TASK PROMPT: Go through the data and copy each line where the word "zero" shows up.

***

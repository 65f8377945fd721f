-- ===== src/Base/Links.antt =====
-- What a doubly linked list stores, read off the sequence of its nodes: 0 is NULL, `first` and
-- `last_from 0` are the head and tail pointers, `next_in` and `prev_from 0` the links of a node.
use aioncore.Base.{
  ℕ, ◌≡◌, ◌≢◌, refl, true, false, ◌&&◌, not, arith, ◌⊎◌, ◌==◌, if◌then◌else◌, List, [], ◌∷◌, ◌++◌,
}
use aioncore.Base.Seqs.{has, Distinct, erase}

unfoldable pub first : List ℕ → ℕ
first [] = 0
first (x ∷ xs) = x

unfoldable pub last_from : ℕ → List ℕ → ℕ
last_from d [] = d
last_from d (x ∷ xs) = last_from x xs

unfoldable pub next_in : ℕ → List ℕ → ℕ
unfolding first
next_in a [] = 0
next_in a (x ∷ xs) = if a == x then first xs else next_in a xs

unfoldable pub prev_from : ℕ → ℕ → List ℕ → ℕ
prev_from p a [] = 0
prev_from p a (x ∷ xs) = if a == x then p else prev_from x a xs

-- Nodes that are not in the list have no links.
pub next_in_outside : (a : ℕ) (xs : List ℕ) → has a xs ≡ false → next_in a xs ≡ 0
unfolding next_in
next_in_outside a [] h = refl
next_in_outside a (x ∷ xs) h = ground (arith, next_in_outside a xs)

pub prev_from_outside : (p a : ℕ) (xs : List ℕ) → has a xs ≡ false → prev_from p a xs ≡ 0
unfolding prev_from
prev_from_outside p a [] h = refl
prev_from_outside p a (x ∷ xs) h = ground (arith, prev_from_outside x a xs)

-- Links lead to nodes of the list.
pub has-first : (xs : List ℕ) → first xs ≢ 0 → has (first xs) xs ≡ true
unfolding first
has-first [] h = absurd (h refl)
has-first (x ∷ xs) h = ground arith

pub has-next_in : (a : ℕ) (xs : List ℕ) → next_in a xs ≢ 0 → has (next_in a xs) xs ≡ true
unfolding next_in
has-next_in a [] h = absurd (h refl)
has-next_in a (x ∷ xs) h = ground (arith, has-first xs, has-next_in a xs)

pub has-prev_from :
    (p a : ℕ) (xs : List ℕ)
    → has a xs ≡ true
    → (prev_from p a xs ≡ p) ⊎ (has (prev_from p a xs) xs ≡ true)
unfolding prev_from
has-prev_from p a [] h = ground arith
has-prev_from p a (x ∷ xs) h = ground (arith, has-prev_from x a xs)

pub has-last_from : (x : ℕ) (xs : List ℕ) → has (last_from x xs) (x ∷ xs) ≡ true
unfolding last_from
has-last_from x [] = ground arith
has-last_from x (y ∷ ys) = ground (arith, has-last_from y ys)

pub has-last : (d : ℕ) (xs : List ℕ) → first xs ≢ 0 → has (last_from d xs) xs ≡ true
unfolding first last_from
has-last d [] h = absurd (h refl)
has-last d (x ∷ xs) h = has-last_from x xs

-- Appending a node.
pub first-snoc :
    (a : ℕ) (xs : List ℕ)
    → has 0 xs ≡ false
    → first (xs ++ (a ∷ [])) ≡ (if first xs == 0 then a else first xs)
unfolding first
first-snoc a [] h = refl
first-snoc a (x ∷ xs) h = ground arith

pub last_from-snoc : (d a : ℕ) (xs : List ℕ) → last_from d (xs ++ (a ∷ [])) ≡ a
unfolding last_from
last_from-snoc d a [] = refl
last_from-snoc d a (x ∷ xs) = last_from-snoc x a xs

pub next_in-snoc :
    (a b d : ℕ) (xs : List ℕ)
    → Distinct xs
    → has d xs ≡ false
    → has a xs ≡ false
    → has 0 xs ≡ false
    → next_in b (xs ++ (a ∷ [])) ≡ (if (last_from d xs == b) && has b xs then a else next_in b xs)
unfolding next_in last_from
next_in-snoc a b d [] u f h z = ground arith
next_in-snoc a b d (x ∷ []) u f h z = ground arith
next_in-snoc a b d (x ∷ (y ∷ ys)) u f h z =
    ground (arith, next_in-snoc a b x (y ∷ ys) u.1 u.0, has-last_from y ys)

pub prev_from-snoc :
    (p a b : ℕ) (xs : List ℕ)
    → has a xs ≡ false
    → prev_from p b (xs ++ (a ∷ [])) ≡ (if b == a then last_from p xs else prev_from p b xs)
unfolding prev_from last_from
prev_from-snoc p a b [] h = ground arith
prev_from-snoc p a b (x ∷ xs) h = ground (arith, prev_from-snoc x a b xs)

-- Removing a node: its neighbours are linked to one another.
pub first-erase :
    (a : ℕ) (xs : List ℕ)
    → has a xs ≡ true
    → first (erase a xs) ≡ (if first xs == a then next_in a xs else first xs)
unfolding first next_in erase
first-erase a [] h = ground arith
first-erase a (x ∷ xs) h = ground arith

pub last_from-erase :
    (d a : ℕ) (xs : List ℕ)
    → Distinct xs
    → has d xs ≡ false
    → has a xs ≡ true
    → last_from d (erase a xs) ≡ (if last_from d xs == a then prev_from d a xs else last_from d xs)
unfolding last_from prev_from erase
last_from-erase d a [] u f h = ground arith
last_from-erase d a (x ∷ []) u f h = ground arith
last_from-erase d a (x ∷ (y ∷ ys)) u f h =
    ground (arith, last_from-erase x a (y ∷ ys) u.1 u.0, has-last_from y ys)

-- The node before `a` is the one whose successor is `a`.
pub first-eq_iff_prev :
    (x a : ℕ) (ys : List ℕ)
    → has x ys ≡ false
    → has a ys ≡ true
    → (first ys == a) ≡ (prev_from x a ys == x)
unfolding first prev_from
first-eq_iff_prev x a [] f h = ground arith
first-eq_iff_prev x a (y ∷ ys) f h = ground (arith, has-prev_from y a ys)

pub next_in-erase :
    (p a b : ℕ) (xs : List ℕ)
    → Distinct xs
    → has p xs ≡ false
    → has a xs ≡ true
    → b ≢ a
    → next_in b (erase a xs)
      ≡ (if (prev_from p a xs == b) && not (b == p) then next_in a xs else next_in b xs)
unfolding next_in prev_from erase
next_in-erase p a b [] u f h ne = ground arith
next_in-erase p a b (x ∷ xs) u f h ne = ground (
  arith,
  next_in-erase x a b xs u.1 u.0,
  first-eq_iff_prev x a xs u.0,
  first-erase a xs,
  has-prev_from x a xs,
)

-- Only the first node's predecessor depends on `p`.
prev_from-first :
    (p x b : ℕ) (xs : List ℕ)
    → b ≢ 0
    → prev_from p b xs ≡ (if first xs == b then p else prev_from x b xs)
unfolding first prev_from
prev_from-first p x b [] ne = ground arith
prev_from-first p x b (y ∷ ys) ne = ground arith

pub prev_from-erase :
    (p a b : ℕ) (xs : List ℕ)
    → Distinct xs
    → has a xs ≡ true
    → b ≢ a
    → b ≢ 0
    → prev_from p b (erase a xs)
      ≡ (if next_in a xs == b then prev_from p a xs else prev_from p b xs)
unfolding next_in prev_from erase
prev_from-erase p a b [] u h ne nz = ground arith
prev_from-erase p a b (x ∷ xs) u h ne nz =
    ground (arith, prev_from-erase x a b xs u.1, prev_from-first p x b xs nz, has-next_in a xs)

-- No node is its own neighbour.
pub prev_from-ne :
    (p a : ℕ) (xs : List ℕ) → Distinct xs → p ≢ a → has a xs ≡ true → prev_from p a xs ≢ a
unfolding prev_from
prev_from-ne p a [] u ne h = ground arith
prev_from-ne p a (x ∷ xs) u ne h = ground (arith, prev_from-ne x a xs u.1)

pub next_in-ne : (a : ℕ) (xs : List ℕ) → Distinct xs → a ≢ 0 → next_in a xs ≢ a
unfolding next_in
next_in-ne a [] u ne = ground arith
next_in-ne a (x ∷ xs) u ne = ground (arith, next_in-ne a xs u.1 ne, has-first xs)

-- The last node is the one without a successor.
pub last-eq_iff_next :
    (d a : ℕ) (xs : List ℕ)
    → Distinct xs
    → has d xs ≡ false
    → has 0 xs ≡ false
    → has a xs ≡ true
    → (last_from d xs == a) ≡ (next_in a xs == 0)
unfolding last_from next_in
last-eq_iff_next d a [] u f z h = ground arith
last-eq_iff_next d a (x ∷ []) u f z h = ground arith
last-eq_iff_next d a (x ∷ (y ∷ ys)) u f z h =
    ground (arith, last-eq_iff_next x a (y ∷ ys) u.1 u.0, has-last_from y ys)
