-- ===== src/Base/Words.antt =====
-- Machine words: a value is a native number, and every operation wraps as the C type does.
use aioncore.Base.{ℕ, ◌+◌, ◌-◌, ◌%◌}

abbrev pub u8_mod : ℕ
u8_mod = 0x100

abbrev pub u16_mod : ℕ
u16_mod = 0x1_0000

abbrev pub u32_mod : ℕ
u32_mod = 0x1_0000_0000

abbrev pub u64_mod : ℕ
u64_mod = 0x1_0000_0000_0000_0000

-- `x++` and `x--` on uint32_t or on the 32-bit size_t
abbrev pub inc32 : ℕ → ℕ
inc32 x = (x + 1) % u32_mod

abbrev pub dec32 : ℕ → ℕ
dec32 x = (x + u32_mod - 1) % u32_mod

-- `a + b` and `a - b` on uint32_t, size_t and uintptr_t
abbrev pub add32 : ℕ → ℕ → ℕ
add32 a b = (a + b) % u32_mod

abbrev pub sub32 : ℕ → ℕ → ℕ
sub32 a b = (a + u32_mod - b) % u32_mod

-- `a + b` on uint64_t
abbrev pub add64 : ℕ → ℕ → ℕ
add64 a b = (a + b) % u64_mod

-- `x++` on uint64_t
abbrev pub inc64 : ℕ → ℕ
inc64 x = (x + 1) % u64_mod
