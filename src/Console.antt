-- ===== src/Console.antt =====
-- core/console.c and include/kernel/console.h: the multiplexer that sends output to the registered
-- backends. What a backend's `init` returns is a parameter; of its other functions the model says
-- whether they are there, and each output call gives the list of the backends that are called.
pub mod Registry
mod Tests
use aioncore.Base.{
  ℕ, zero, suc, ◌+◌, ◌-◌, Bool, true, false, not, ◌&&◌, ◌||◌, ◌==◌, ltb, leb, if◌then◌else◌, update,
  List, [], ◌∷◌,
}
use aioncore.Base.Words.{inc32, dec32}

abbrev pub max_console_backends : ℕ
max_console_backends = 4

-- `struct console_backend`; a function pointer is kept as whether it is not NULL.
pub record ConsoleBackend : Type 0 where
  pub init : Bool
  pub putchar : Bool
  pub write : Bool
  pub set_color : Bool
  pub clear : Bool
  pub enabled : Bool

-- The array `backends`, its count, and the backend at each address.
pub record Console : Type 0 where
  pub backends : ℕ → ℕ
  pub backend_count : ℕ
  pub objects : ℕ → ConsoleBackend

unfoldable pub console_init : Console → Console
console_init s = record s {
  backend_count = 0;
  backends = λ i. if ltb i max_console_backends then 0 else s.backends i;
}

abbrev pub set_enabled : Console → (backend : ℕ) → Bool → Console
set_enabled s backend enable =
    let b = s.objects backend in
    record s { objects = update s.objects backend (record b { enabled = enable }) }

module _ (init_result : ℕ → ℕ) where
  -- The new state, and whether 0 is returned; -1 otherwise.
  unfoldable pub console_register : Console → (backend : ℕ) → Console × Bool
  console_register s backend =
      if backend == 0
      then (s, false)
      else if leb max_console_backends s.backend_count
      then (s, false)
      else if (s.objects backend).init && not (init_result backend == 0)
      then (s, false)
      else (let s = record s {
        backends = update s.backends s.backend_count backend;
        backend_count = inc32 s.backend_count;
      } in
          (set_enabled s backend true, true))

-- The loop that moves the later backends down: `n` rounds from `j` on.
unfoldable pub shift_down : (n j : ℕ) → (ℕ → ℕ) → ℕ → ℕ
shift_down zero j a = a
shift_down (suc n) j a = shift_down n (j + 1) (update a j (a (j + 1)))

-- The search: `n` backends left to look at, from `i` on.
unfoldable pub unregister_from : (n i : ℕ) → Console → (backend : ℕ) → Console × Bool
unregister_from zero i s backend = (s, false)
unregister_from (suc n) i s backend =
    let rest = unregister_from n (i + 1) s backend in
    if s.backends i == backend
    then (let last = dec32 s.backend_count in
        (
          record s {
            backends = update (shift_down (last - i) i s.backends) last 0;
            backend_count = last;
          },
          true,
        ))
    else rest

unfoldable pub console_unregister : Console → (backend : ℕ) → Console × Bool
console_unregister s backend =
    if backend == 0 then (s, false) else unregister_from s.backend_count 0 s backend

unfoldable pub console_enable : Console → (backend : ℕ) → Bool → Console
console_enable s backend enable = if backend == 0 then s else set_enabled s backend enable

-- The loop of the four output calls: the backends that are called, in order.
unfoldable pub called : (has_function : ConsoleBackend → Bool) → (n i : ℕ) → Console → List ℕ
called has_function zero i s = []
called has_function (suc n) i s =
    let rest = called has_function n (i + 1) s in
    let b = s.backends i in
    let object = s.objects b in
    if not (b == 0) && (object.enabled && has_function object) then b ∷ rest else rest

unfoldable pub console_putchar : Console → List ℕ
console_putchar s = called (λ (b : ConsoleBackend). b.putchar) s.backend_count 0 s

unfoldable pub console_write : Console → List ℕ
console_write s = called (λ (b : ConsoleBackend). b.write) s.backend_count 0 s

unfoldable pub console_set_color : Console → List ℕ
console_set_color s = called (λ (b : ConsoleBackend). b.set_color) s.backend_count 0 s

unfoldable pub console_clear : Console → List ℕ
console_clear s = called (λ (b : ConsoleBackend). b.clear) s.backend_count 0 s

***

EXERCISE SOLUTION:
  ℕ, zero, suc, ◌+◌, ◌-◌, Bool, true, false, not, ◌&&◌, ◌||◌, ◌==◌, ltb, leb, if◌then◌else◌, update,
shift_down zero j a = a
unregister_from zero i s backend = (s, false)
called has_function zero i s = []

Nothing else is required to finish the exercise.